**Stored data**
━━━━━━━━━━━━━━━━━━━━━━━━━━━━━━

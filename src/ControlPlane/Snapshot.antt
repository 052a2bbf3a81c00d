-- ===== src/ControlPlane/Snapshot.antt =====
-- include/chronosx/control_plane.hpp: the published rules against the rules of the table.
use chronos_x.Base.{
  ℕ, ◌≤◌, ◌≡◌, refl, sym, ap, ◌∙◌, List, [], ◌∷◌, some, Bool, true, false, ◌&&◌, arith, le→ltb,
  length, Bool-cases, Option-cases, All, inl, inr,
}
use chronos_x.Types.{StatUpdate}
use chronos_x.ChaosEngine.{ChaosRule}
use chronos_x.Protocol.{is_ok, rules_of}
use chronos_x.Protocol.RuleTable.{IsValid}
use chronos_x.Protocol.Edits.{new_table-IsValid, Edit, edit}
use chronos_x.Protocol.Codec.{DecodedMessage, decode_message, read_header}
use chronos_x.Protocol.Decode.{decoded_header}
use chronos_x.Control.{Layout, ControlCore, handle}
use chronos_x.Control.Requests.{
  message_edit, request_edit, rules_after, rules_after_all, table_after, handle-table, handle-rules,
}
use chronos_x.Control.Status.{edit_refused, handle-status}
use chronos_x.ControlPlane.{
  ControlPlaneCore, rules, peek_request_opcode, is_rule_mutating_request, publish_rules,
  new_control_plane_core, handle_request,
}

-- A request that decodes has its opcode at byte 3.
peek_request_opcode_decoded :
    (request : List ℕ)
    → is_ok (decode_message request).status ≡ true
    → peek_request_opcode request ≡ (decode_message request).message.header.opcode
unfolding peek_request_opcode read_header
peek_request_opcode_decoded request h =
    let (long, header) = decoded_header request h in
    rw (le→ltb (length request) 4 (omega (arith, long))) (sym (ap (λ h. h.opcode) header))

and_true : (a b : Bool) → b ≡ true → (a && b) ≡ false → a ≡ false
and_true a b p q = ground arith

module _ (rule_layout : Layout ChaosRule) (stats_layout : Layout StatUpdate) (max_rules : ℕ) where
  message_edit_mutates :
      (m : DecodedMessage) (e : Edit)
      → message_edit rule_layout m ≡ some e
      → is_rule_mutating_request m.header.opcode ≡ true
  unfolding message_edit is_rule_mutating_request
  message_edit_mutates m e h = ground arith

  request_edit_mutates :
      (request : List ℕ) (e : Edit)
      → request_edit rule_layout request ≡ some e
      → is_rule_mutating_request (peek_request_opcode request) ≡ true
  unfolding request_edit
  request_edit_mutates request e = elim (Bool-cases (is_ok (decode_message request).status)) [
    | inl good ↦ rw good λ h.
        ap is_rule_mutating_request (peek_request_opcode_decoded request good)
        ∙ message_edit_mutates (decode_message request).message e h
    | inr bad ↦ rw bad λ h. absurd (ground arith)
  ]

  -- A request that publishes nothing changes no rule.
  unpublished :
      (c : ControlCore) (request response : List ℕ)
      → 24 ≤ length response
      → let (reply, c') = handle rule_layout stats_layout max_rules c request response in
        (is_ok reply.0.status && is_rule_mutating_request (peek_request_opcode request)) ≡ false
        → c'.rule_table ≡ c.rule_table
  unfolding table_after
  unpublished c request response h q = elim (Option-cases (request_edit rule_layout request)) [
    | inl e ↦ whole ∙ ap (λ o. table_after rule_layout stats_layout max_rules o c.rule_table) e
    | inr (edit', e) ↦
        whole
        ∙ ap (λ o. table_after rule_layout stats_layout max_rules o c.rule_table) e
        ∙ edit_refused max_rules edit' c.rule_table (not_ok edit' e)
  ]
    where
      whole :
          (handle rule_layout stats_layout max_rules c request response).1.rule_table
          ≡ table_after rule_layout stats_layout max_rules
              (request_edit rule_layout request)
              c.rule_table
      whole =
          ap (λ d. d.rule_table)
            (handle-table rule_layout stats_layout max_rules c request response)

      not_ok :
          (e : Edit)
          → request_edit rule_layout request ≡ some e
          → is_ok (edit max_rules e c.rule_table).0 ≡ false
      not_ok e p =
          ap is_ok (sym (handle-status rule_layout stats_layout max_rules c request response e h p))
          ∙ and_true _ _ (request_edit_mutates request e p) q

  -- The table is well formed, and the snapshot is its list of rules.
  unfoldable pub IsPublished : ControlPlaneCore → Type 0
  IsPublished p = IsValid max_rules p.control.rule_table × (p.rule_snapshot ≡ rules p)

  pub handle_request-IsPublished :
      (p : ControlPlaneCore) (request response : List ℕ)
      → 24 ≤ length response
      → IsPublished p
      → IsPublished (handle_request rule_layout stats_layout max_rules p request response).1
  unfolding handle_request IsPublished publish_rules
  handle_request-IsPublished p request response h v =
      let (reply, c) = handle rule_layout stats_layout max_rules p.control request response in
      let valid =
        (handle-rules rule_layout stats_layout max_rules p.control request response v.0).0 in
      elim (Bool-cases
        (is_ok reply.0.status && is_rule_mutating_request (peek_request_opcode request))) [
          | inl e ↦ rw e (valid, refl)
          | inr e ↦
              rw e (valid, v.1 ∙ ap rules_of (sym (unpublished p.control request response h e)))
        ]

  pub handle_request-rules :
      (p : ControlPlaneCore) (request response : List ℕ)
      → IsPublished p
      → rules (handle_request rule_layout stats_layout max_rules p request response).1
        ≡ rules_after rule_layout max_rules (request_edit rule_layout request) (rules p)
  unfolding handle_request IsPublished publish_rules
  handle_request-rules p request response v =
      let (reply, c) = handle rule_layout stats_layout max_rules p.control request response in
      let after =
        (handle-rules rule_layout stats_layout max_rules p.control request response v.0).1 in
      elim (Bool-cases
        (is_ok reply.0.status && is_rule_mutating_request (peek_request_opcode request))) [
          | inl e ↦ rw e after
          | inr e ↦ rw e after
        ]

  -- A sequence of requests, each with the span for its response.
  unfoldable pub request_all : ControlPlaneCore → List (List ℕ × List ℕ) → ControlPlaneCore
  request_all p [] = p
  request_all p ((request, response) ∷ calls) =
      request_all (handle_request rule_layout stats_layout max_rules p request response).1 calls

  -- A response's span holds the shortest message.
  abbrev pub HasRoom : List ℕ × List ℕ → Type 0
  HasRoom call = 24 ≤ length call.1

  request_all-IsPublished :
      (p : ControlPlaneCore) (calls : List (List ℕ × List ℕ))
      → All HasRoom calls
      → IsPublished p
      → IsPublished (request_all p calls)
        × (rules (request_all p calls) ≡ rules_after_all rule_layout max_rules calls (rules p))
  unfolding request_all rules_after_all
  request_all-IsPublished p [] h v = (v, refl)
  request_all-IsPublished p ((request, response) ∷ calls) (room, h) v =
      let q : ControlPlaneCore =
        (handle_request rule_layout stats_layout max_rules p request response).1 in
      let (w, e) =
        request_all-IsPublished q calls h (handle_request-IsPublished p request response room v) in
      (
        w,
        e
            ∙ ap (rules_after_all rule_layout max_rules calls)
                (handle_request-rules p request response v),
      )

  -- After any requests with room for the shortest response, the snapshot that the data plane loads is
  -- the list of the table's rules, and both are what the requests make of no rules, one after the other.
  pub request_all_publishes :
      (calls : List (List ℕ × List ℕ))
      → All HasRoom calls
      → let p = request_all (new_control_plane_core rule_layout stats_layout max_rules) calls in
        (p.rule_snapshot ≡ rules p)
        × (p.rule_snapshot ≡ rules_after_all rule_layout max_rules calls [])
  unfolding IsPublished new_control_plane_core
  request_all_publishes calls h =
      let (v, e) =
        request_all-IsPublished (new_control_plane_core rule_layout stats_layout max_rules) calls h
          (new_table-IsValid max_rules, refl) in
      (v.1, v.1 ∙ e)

━━━━━━━━━━━━━━━━━━━━━━━━━━━━━━

**Your assignment**
Check each line of the data above for the word "ControlPlaneCore". Report how many lines have it, and nothing else.

**Written answer**
7